--- Saved entries ---
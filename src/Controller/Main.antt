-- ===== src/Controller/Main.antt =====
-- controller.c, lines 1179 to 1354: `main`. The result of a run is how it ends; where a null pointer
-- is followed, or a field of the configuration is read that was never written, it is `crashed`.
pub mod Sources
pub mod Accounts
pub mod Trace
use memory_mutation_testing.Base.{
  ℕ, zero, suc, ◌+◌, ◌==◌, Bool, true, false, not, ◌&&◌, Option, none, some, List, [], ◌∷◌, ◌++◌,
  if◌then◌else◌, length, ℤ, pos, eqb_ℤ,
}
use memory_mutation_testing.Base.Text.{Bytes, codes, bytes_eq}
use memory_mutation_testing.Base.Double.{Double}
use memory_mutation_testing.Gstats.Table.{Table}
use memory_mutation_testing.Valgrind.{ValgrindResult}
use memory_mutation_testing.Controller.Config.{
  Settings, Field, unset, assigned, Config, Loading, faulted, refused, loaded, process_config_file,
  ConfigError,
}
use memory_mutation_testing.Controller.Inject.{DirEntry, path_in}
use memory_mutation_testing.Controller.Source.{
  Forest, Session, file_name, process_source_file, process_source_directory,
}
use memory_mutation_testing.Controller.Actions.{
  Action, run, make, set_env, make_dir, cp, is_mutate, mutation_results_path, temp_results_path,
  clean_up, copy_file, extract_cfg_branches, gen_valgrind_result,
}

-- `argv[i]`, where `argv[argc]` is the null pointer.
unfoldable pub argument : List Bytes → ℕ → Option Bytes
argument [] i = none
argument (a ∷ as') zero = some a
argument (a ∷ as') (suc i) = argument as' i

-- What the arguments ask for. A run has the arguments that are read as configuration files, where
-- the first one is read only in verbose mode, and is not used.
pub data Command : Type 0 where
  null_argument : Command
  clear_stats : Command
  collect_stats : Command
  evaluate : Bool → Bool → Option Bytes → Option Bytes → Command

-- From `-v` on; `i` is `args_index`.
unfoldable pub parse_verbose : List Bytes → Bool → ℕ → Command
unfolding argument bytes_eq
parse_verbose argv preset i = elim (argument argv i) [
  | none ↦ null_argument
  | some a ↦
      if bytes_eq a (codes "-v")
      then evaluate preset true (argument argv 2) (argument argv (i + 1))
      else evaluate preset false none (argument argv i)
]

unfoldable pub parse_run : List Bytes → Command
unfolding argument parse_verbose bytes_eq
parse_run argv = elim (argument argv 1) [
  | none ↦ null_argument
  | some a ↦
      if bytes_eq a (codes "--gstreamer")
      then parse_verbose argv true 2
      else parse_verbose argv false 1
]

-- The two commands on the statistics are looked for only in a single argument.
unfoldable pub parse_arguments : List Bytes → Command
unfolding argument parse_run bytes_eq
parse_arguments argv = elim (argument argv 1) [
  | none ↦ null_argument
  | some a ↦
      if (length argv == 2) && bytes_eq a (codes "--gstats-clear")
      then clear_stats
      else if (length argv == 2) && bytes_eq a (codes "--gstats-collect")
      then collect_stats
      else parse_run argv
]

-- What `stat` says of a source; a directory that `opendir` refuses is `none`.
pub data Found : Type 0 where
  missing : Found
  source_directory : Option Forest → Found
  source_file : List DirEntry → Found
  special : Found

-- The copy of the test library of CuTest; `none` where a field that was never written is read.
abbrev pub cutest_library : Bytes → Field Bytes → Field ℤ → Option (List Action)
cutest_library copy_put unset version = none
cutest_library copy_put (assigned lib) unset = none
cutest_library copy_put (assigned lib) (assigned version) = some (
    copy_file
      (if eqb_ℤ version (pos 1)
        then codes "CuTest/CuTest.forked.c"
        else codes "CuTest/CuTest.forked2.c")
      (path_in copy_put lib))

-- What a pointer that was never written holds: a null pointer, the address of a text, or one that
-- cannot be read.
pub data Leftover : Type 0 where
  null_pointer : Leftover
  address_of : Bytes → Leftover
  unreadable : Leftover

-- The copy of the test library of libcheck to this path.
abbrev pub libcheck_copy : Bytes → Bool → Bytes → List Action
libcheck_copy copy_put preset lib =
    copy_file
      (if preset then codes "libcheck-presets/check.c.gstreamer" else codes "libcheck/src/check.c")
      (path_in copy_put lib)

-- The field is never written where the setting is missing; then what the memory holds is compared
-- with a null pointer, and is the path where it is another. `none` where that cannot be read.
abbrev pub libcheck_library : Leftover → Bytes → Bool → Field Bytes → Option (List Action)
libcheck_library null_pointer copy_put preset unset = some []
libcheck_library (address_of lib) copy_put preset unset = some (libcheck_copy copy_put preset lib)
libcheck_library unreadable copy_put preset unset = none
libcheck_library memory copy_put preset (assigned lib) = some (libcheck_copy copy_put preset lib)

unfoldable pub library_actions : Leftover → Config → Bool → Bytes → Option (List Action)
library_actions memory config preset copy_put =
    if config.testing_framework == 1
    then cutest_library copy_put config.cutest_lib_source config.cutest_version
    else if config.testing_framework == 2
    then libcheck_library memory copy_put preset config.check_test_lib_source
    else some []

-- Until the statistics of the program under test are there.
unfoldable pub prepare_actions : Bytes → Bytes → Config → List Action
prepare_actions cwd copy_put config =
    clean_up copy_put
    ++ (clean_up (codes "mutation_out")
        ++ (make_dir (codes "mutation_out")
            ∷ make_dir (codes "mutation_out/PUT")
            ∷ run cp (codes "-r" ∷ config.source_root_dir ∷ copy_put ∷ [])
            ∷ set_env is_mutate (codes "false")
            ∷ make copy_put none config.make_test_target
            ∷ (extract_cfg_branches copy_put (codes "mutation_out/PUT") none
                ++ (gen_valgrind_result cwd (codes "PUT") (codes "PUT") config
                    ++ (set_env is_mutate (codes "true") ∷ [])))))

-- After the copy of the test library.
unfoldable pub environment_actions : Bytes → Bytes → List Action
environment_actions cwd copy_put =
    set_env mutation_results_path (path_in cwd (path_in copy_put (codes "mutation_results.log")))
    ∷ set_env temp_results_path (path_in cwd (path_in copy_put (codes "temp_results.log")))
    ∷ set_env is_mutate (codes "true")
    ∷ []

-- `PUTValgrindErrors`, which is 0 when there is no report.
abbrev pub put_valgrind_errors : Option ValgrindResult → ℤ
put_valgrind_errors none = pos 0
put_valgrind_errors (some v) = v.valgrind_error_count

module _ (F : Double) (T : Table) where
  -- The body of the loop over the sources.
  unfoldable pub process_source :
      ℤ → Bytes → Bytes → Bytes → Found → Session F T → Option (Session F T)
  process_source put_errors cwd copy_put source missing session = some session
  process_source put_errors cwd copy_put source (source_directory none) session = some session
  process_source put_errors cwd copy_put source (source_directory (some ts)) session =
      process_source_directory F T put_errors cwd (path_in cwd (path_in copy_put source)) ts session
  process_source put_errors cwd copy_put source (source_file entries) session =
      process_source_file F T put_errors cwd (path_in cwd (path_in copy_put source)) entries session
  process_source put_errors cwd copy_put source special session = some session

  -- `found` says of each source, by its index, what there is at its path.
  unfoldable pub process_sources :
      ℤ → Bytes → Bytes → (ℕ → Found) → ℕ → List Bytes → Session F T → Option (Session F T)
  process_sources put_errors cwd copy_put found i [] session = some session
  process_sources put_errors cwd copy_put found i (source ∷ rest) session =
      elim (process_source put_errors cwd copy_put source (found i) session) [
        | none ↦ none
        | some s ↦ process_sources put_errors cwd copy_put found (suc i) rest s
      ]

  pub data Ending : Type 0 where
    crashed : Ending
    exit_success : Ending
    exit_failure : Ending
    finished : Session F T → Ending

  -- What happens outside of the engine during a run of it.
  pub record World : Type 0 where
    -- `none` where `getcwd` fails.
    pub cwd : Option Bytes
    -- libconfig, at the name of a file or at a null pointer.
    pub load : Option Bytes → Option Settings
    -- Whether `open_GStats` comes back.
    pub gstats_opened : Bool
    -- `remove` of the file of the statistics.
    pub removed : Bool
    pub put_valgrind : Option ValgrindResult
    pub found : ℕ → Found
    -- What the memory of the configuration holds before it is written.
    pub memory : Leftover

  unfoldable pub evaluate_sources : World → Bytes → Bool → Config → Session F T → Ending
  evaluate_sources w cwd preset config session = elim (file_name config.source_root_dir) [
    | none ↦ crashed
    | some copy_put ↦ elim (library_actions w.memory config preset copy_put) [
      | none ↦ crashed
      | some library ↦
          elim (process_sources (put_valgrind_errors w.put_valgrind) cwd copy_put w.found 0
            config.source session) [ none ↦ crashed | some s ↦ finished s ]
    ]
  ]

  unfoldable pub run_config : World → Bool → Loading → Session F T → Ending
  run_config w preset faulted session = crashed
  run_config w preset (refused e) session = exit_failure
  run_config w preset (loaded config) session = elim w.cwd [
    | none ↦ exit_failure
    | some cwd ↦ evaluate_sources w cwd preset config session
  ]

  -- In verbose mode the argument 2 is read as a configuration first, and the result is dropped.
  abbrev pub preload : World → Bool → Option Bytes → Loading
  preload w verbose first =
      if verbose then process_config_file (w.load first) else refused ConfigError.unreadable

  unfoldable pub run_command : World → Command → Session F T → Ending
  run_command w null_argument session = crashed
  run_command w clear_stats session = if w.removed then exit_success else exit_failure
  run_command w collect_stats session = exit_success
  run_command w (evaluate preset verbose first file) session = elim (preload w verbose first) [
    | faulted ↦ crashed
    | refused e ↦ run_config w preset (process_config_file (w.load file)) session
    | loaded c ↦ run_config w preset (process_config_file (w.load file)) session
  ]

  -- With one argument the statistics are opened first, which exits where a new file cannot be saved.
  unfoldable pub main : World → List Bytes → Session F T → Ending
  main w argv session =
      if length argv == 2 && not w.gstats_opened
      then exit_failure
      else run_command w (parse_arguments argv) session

--- INSTRUCTIONS FOR THE TASK ---
What is the number of lines in the records that hold the word "never"? Answer with that number only.

--- SOLUTION TO THIS PROBLEM ---
4